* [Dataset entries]
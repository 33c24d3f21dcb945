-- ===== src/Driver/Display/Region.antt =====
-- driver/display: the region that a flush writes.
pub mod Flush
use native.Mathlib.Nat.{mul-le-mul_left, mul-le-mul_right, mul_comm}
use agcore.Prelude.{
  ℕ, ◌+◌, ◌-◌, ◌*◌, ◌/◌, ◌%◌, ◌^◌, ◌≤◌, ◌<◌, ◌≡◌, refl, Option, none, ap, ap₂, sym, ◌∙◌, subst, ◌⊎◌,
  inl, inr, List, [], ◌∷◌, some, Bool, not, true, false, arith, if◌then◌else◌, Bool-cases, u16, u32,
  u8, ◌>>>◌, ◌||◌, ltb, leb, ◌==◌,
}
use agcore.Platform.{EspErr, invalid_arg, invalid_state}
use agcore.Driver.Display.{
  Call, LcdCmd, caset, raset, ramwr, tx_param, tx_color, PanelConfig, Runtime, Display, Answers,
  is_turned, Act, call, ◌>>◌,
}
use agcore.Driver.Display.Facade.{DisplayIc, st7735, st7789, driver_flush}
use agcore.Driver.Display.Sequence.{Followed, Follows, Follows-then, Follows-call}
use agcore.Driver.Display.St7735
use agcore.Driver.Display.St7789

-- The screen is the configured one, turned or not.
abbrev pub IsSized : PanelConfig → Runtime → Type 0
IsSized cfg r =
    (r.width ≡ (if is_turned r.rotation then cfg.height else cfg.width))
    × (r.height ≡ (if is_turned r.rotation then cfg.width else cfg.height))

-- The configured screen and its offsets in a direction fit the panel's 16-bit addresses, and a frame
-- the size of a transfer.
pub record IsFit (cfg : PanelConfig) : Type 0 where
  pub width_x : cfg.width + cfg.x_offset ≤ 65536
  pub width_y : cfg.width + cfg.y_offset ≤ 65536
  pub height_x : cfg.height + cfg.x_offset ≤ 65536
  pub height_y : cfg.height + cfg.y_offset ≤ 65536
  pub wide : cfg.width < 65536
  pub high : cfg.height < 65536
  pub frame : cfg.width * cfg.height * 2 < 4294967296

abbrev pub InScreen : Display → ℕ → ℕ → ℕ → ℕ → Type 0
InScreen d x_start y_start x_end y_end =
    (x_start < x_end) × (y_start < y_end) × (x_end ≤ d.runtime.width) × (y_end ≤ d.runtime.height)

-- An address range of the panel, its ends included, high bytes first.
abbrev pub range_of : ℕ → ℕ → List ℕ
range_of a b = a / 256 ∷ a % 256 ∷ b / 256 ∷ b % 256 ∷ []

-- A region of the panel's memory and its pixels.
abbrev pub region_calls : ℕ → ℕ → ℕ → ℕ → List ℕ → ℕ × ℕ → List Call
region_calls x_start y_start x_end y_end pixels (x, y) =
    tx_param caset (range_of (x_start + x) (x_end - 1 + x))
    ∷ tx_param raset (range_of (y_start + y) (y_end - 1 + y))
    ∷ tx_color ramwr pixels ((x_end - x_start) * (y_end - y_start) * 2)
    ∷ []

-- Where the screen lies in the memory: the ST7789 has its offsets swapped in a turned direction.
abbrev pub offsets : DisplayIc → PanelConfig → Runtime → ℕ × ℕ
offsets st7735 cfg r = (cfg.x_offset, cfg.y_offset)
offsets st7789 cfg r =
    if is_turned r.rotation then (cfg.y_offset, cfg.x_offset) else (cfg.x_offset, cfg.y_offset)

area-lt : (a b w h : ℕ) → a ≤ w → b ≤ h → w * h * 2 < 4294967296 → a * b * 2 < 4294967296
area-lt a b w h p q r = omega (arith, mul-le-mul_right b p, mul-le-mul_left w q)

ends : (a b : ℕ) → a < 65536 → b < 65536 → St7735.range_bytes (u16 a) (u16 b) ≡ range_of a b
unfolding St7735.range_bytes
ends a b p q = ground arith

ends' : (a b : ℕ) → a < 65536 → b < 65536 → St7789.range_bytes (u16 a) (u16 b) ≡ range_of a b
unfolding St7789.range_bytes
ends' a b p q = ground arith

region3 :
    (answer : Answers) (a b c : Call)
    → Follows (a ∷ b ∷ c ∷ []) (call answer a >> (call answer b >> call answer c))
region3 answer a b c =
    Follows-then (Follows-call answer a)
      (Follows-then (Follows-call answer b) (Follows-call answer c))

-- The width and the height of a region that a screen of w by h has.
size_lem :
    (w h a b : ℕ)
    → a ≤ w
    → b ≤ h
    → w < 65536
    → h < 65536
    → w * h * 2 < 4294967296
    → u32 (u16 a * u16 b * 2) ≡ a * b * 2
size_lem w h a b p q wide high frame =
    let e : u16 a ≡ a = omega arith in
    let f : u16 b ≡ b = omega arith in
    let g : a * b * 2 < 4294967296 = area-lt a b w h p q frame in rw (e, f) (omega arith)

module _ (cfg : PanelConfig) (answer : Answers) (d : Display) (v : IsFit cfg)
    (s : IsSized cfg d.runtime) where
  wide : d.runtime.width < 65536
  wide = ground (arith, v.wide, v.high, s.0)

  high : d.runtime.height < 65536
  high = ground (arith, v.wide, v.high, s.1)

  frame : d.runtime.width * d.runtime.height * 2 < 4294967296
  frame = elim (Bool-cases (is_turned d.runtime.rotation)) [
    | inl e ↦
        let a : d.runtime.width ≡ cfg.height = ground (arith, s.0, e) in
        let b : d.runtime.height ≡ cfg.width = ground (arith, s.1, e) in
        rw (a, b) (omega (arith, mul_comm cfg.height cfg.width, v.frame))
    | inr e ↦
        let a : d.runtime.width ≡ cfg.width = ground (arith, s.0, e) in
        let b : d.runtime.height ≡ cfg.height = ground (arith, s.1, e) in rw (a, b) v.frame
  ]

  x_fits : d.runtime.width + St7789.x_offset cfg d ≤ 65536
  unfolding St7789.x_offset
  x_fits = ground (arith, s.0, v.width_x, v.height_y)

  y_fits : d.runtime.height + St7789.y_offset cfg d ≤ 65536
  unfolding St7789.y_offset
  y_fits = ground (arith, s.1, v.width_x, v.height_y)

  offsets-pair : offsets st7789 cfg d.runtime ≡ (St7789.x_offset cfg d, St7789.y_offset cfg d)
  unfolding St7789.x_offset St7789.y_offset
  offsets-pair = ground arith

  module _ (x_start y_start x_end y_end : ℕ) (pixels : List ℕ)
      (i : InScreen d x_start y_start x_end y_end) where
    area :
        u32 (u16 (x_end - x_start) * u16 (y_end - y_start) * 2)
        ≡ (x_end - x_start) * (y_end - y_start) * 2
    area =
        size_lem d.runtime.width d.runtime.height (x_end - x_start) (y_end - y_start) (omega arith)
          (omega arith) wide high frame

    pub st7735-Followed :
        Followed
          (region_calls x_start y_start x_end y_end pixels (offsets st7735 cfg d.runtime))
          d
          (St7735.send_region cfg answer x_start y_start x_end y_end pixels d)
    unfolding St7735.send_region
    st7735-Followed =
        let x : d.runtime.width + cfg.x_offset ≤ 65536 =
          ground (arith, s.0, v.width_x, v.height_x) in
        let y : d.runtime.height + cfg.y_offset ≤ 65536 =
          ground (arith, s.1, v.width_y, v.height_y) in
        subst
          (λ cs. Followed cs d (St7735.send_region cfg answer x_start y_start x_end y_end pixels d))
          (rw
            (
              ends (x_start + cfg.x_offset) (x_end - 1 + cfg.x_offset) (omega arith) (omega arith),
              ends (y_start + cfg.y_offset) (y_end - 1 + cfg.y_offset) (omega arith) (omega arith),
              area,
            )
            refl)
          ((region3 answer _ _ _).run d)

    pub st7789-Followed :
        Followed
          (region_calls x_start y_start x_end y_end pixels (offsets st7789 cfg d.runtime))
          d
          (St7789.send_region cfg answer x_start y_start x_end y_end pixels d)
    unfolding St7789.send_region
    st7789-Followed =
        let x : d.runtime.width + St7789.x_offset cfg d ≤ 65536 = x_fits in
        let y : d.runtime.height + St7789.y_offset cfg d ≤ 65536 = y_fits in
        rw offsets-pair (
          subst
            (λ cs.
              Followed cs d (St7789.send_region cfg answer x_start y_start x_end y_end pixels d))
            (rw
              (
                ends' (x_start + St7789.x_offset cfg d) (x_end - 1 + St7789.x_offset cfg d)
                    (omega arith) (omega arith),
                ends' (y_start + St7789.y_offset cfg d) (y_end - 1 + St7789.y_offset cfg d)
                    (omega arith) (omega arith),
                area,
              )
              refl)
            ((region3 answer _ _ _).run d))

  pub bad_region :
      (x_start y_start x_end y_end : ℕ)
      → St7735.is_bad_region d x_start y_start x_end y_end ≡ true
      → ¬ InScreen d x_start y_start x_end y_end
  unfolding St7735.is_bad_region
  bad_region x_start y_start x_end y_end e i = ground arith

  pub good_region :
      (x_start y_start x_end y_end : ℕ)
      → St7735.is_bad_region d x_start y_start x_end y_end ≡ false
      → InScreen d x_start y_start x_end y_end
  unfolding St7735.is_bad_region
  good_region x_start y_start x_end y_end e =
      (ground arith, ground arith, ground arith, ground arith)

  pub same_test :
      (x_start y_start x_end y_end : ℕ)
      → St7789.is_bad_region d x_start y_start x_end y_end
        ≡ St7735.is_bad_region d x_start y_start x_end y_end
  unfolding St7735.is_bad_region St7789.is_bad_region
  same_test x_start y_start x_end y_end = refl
--
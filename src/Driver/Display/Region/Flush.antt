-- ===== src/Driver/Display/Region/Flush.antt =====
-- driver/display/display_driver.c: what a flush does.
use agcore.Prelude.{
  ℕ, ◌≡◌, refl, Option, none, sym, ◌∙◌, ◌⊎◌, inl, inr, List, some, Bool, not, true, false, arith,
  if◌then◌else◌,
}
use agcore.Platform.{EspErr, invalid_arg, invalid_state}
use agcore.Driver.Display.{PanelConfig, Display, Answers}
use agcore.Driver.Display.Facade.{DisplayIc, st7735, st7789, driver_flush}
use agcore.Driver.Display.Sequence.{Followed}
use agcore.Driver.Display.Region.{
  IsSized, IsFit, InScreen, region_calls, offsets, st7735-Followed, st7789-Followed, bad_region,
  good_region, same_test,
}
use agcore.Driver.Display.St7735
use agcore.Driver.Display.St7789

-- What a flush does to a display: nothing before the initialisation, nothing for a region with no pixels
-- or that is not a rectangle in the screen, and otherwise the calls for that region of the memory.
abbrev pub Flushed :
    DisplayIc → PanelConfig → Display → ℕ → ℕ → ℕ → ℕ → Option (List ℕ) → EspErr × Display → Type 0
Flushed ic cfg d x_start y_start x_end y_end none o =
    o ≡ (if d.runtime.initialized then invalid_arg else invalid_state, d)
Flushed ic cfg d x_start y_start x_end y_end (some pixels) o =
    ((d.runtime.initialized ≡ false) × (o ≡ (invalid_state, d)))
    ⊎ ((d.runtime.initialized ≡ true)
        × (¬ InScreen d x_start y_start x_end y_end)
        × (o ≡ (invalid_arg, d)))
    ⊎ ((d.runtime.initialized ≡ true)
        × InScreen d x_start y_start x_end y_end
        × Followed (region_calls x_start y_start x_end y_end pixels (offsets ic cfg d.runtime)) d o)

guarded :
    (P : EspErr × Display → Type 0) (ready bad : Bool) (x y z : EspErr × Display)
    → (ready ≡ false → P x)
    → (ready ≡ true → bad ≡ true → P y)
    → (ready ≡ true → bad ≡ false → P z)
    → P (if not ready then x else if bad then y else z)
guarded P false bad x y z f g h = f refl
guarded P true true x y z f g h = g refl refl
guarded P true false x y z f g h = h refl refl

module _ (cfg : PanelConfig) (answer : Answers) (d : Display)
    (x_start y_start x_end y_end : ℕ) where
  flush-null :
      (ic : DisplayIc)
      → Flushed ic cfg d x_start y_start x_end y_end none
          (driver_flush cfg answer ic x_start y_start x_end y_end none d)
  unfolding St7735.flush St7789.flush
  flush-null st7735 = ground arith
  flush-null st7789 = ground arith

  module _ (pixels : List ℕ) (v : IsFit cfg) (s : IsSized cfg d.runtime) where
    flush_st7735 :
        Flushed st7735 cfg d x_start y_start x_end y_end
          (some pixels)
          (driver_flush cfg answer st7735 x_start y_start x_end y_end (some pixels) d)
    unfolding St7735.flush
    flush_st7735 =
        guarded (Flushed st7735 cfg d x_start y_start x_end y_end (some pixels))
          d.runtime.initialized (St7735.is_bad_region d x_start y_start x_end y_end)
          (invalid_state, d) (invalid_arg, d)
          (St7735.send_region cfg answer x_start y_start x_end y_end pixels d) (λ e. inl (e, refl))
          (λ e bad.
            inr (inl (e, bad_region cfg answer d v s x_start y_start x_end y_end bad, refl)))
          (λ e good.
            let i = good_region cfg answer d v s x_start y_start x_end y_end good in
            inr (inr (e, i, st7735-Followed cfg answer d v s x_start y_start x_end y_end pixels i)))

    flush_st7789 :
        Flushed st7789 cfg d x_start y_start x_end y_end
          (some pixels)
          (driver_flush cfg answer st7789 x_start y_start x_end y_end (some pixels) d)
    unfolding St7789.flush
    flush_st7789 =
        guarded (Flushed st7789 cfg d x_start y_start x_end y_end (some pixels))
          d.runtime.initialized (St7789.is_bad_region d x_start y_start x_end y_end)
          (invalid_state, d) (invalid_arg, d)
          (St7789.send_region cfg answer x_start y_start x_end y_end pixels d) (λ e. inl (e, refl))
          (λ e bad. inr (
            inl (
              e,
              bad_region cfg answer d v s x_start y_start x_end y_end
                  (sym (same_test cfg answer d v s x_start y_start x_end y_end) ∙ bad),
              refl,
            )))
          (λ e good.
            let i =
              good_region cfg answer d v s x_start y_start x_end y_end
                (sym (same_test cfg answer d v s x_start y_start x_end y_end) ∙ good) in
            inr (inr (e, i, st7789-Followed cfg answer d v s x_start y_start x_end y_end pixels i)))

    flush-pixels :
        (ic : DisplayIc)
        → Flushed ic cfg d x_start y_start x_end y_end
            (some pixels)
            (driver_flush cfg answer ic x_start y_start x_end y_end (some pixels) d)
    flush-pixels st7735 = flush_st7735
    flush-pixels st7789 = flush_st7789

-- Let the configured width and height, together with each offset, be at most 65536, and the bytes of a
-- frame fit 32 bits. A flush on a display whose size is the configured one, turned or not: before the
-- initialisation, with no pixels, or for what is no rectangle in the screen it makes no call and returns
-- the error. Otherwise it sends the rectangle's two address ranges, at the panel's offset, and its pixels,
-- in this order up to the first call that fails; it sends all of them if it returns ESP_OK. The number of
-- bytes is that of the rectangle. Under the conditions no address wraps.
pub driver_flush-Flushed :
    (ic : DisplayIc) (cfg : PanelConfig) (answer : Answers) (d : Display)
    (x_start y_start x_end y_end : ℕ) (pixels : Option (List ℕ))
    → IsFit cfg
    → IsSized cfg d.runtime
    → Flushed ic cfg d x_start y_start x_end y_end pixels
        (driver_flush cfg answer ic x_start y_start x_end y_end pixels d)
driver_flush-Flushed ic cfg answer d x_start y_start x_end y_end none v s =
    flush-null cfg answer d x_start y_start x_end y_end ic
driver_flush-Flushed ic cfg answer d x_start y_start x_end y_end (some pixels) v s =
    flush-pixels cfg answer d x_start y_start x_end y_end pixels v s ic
--
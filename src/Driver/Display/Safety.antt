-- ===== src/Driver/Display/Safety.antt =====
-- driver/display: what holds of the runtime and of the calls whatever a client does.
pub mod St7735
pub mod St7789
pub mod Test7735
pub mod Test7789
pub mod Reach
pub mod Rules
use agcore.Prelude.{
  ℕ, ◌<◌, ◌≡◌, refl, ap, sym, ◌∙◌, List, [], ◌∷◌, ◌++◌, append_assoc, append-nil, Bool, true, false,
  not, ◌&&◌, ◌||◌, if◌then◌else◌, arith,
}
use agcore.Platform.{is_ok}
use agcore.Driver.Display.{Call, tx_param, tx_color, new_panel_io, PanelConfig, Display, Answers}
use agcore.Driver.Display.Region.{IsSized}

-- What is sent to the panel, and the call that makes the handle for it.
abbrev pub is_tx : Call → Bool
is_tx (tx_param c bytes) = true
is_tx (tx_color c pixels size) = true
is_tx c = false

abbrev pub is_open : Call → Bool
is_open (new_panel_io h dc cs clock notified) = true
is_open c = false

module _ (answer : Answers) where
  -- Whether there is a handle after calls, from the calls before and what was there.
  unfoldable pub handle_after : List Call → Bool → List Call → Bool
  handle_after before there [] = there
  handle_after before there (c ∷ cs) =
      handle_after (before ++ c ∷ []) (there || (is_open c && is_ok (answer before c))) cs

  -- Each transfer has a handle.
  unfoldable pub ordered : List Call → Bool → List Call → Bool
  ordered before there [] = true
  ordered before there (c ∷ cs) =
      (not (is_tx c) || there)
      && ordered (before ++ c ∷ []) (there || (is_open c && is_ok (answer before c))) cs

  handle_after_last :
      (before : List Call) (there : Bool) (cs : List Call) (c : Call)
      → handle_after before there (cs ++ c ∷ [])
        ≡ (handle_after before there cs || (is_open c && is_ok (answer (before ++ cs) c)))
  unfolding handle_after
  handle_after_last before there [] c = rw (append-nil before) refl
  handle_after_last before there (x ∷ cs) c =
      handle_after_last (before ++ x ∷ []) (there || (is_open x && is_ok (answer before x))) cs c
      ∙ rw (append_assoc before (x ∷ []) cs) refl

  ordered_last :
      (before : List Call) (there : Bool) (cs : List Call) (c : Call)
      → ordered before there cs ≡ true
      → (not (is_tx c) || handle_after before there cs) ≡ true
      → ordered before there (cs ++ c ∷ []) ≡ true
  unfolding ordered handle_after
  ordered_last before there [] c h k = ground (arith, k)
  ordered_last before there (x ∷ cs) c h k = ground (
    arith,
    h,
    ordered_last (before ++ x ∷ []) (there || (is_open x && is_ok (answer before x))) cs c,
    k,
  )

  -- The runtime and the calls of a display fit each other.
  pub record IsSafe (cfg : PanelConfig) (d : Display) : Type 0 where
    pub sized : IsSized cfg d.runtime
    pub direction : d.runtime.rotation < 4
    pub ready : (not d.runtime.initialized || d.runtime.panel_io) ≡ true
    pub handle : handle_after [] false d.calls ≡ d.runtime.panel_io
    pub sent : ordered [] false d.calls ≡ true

* [EXERCISE OBJECTIVE] Pick from the records each line that contains the word "initialisation" and show it.

* [THE COMPLETED TASK]
-- What a flush does to a display: nothing before the initialisation, nothing for a region with no pixels
-- initialisation, with no pixels, or for what is no rectangle in the screen it makes no call and returns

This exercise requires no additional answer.